- **Task requirements**
Each line that includes "rest" must be copied from the records.

[Stored records]
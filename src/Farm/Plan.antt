-- ===== src/Farm/Plan.antt =====
-- What `plan` of src/run_farm/farm.py admits.
use run_farm.Prelude.{
  ◌≡◌, refl, ap, ◌∙◌, String, Bool, true, false, not, ◌&&◌, ◌||◌, List, [], ◌∷◌, ◌++◌, map, length,
  Dict, insert, has, has-insert, has-nil, any, keep_if, ◌==◌, string_eq, if◌then◌else◌, arith,
  Bool-cases, inl, inr,
}
use run_farm.Config.{Config}
use run_farm.Farm.Campaign.{
  Campaign, Leg, Policy, Planned, duplicate_rids, counts, is_empty, violations, plan_leg, plan_legs,
  plan_checked, plan, duplicates,
}

-- A rid stands twice.
unfoldable pub repeats : List Leg → Bool
repeats [] = false
repeats (leg ∷ legs) = any (λ (l : Leg). leg.rid == l.rid) legs || repeats legs

any_or {ℓ} :
    {A : Type ℓ} (p q r : A → Bool) (xs : List A)
    → ((x : A) → p x ≡ (q x || r x))
    → any p xs ≡ (any q xs || any r xs)
any_or p q r [] h = refl
any_or p q r (x ∷ xs) h = ground (arith, h x, any_or p q r xs h)

abbrev Names : Type 0
Names = Dict String (Unit {0})

is_empty-map : (d : Names) → is_empty (map (λ (x : String × Unit {0}). x.0) d) ≡ is_empty d
is_empty-map [] = refl
is_empty-map (x ∷ d) = refl

is_empty-insert : (k : String) (d : Names) → is_empty (insert k tt d) ≡ false
unfolding insert
is_empty-insert k [] = refl
is_empty-insert k ((x, u) ∷ d) = ground arith

-- The scan finds no duplicate exactly when there was none so far, no rid was seen, and none stands twice.
is_empty-duplicates :
    (seen dups : Names) (legs : List Leg)
    → is_empty (duplicates seen dups legs)
      ≡ (is_empty dups && not (any (λ (l : Leg). has l.rid seen) legs || repeats legs))
unfolding duplicates repeats
is_empty-duplicates seen dups [] = ground (arith, is_empty-map dups)
is_empty-duplicates seen dups (leg ∷ legs) =
    let fresh =
      any_or (λ (l : Leg). has l.rid (insert leg.rid tt seen)) (λ (l : Leg). leg.rid == l.rid)
        (λ (l : Leg). has l.rid seen) legs
        (λ l. ground (arith, has-insert leg.rid l.rid tt seen)) in
    elim (Bool-cases (has leg.rid seen)) [
      | inl again ↦ rw again (
          is_empty-duplicates seen (insert leg.rid tt dups) legs
          ∙ ground (arith, is_empty-insert leg.rid dups))
      | inr new ↦
          rw new (is_empty-duplicates (insert leg.rid tt seen) dups legs ∙ ground (arith, fresh))
    ]

unseen : (legs : List Leg) → any (λ (l : Leg). has {V = Unit {0}} l.rid []) legs ≡ false
unseen [] = refl
unseen (l ∷ legs) = ground (arith, has-nil (Unit {0}) l.rid, unseen legs)

first_valid :
    (b : Bool) (f : Leg → Config) (leg : Leg) (kept : List Leg) (rest : List Config)
    → rest ≡ map f kept
    → (if b then f leg ∷ [] else []) ++ rest ≡ map f (if b then leg ∷ kept else kept)
first_valid true f leg kept rest e = ap (λ cs. f leg ∷ cs) e
first_valid false f leg kept rest e = e

module _ {S : Type 0} (policy : Policy) where
  -- The legs without violations, as configs, in the order of the plan.
  abbrev pub valid_configs : Campaign S → List Leg → List Config
  valid_configs k legs =
      map (λ leg. policy.config_factory leg k.gtag k.required_shas)
        (keep_if (λ leg. is_empty (violations policy leg)) legs)

  configs-plan_legs :
      (k : Campaign S) (legs : List Leg) → (plan_legs policy k legs).0 ≡ valid_configs k legs
  unfolding plan_legs plan_leg
  configs-plan_legs k [] = refl
  configs-plan_legs k (leg ∷ legs) =
      first_valid (is_empty (violations policy leg))
        (λ l. policy.config_factory l k.gtag k.required_shas) leg
        (keep_if (λ l. is_empty (violations policy l)) legs)
        (plan_legs policy (plan_leg policy k leg).1 legs).0
        (configs-plan_legs (plan_leg policy k leg).1 legs)

  -- What a plan ends with.
  abbrev pub PlanEnds : Campaign S → List Leg → Planned × Campaign S → Type 0
  PlanEnds k legs (counts planned valid, k') =
      (repeats legs ≡ false)
      × (k'.configs ≡ valid_configs k legs)
      × (planned ≡ length legs)
      × (valid ≡ length k'.configs)
  PlanEnds k legs (duplicate_rids ds, k') =
      (repeats legs ≡ true) × (k' ≡ record k { gated = false })

  -- A plan in which a rid stands twice is refused, and only the gate is reset. Any other is accepted: the
  -- planned configs are then those of the legs without violations, in their order, and are counted.
  pub plan_lem : (k : Campaign S) (legs : List Leg) → PlanEnds k legs (plan policy k legs)
  unfolding plan
  plan_lem k legs = by_dups (duplicates [] [] legs) refl
    where
      none_seen : is_empty (duplicates [] [] legs) ≡ not (repeats legs)
      none_seen = is_empty-duplicates [] [] legs ∙ ap (λ b. not (b || repeats legs)) (unseen legs)

      by_dups :
          (ds : List String)
          → duplicates [] [] legs ≡ ds
          → PlanEnds k legs (plan_checked policy (record k { gated = false }) legs ds)
      by_dups [] e = (
        ground (arith, none_seen, e),
        configs-plan_legs (record k { gated = false }) legs,
        refl,
        refl,
      )
      by_dups (d ∷ ds) e = (ground (arith, none_seen, e), refl)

- **Problem solution**
    (b : Bool) (f : Leg → Config) (leg : Leg) (kept : List Leg) (rest : List Config)
    → rest ≡ map f kept
    → (if b then f leg ∷ [] else []) ++ rest ≡ map f (if b then leg ∷ kept else kept)
first_valid true f leg kept rest e = ap (λ cs. f leg ∷ cs) e
first_valid false f leg kept rest e = e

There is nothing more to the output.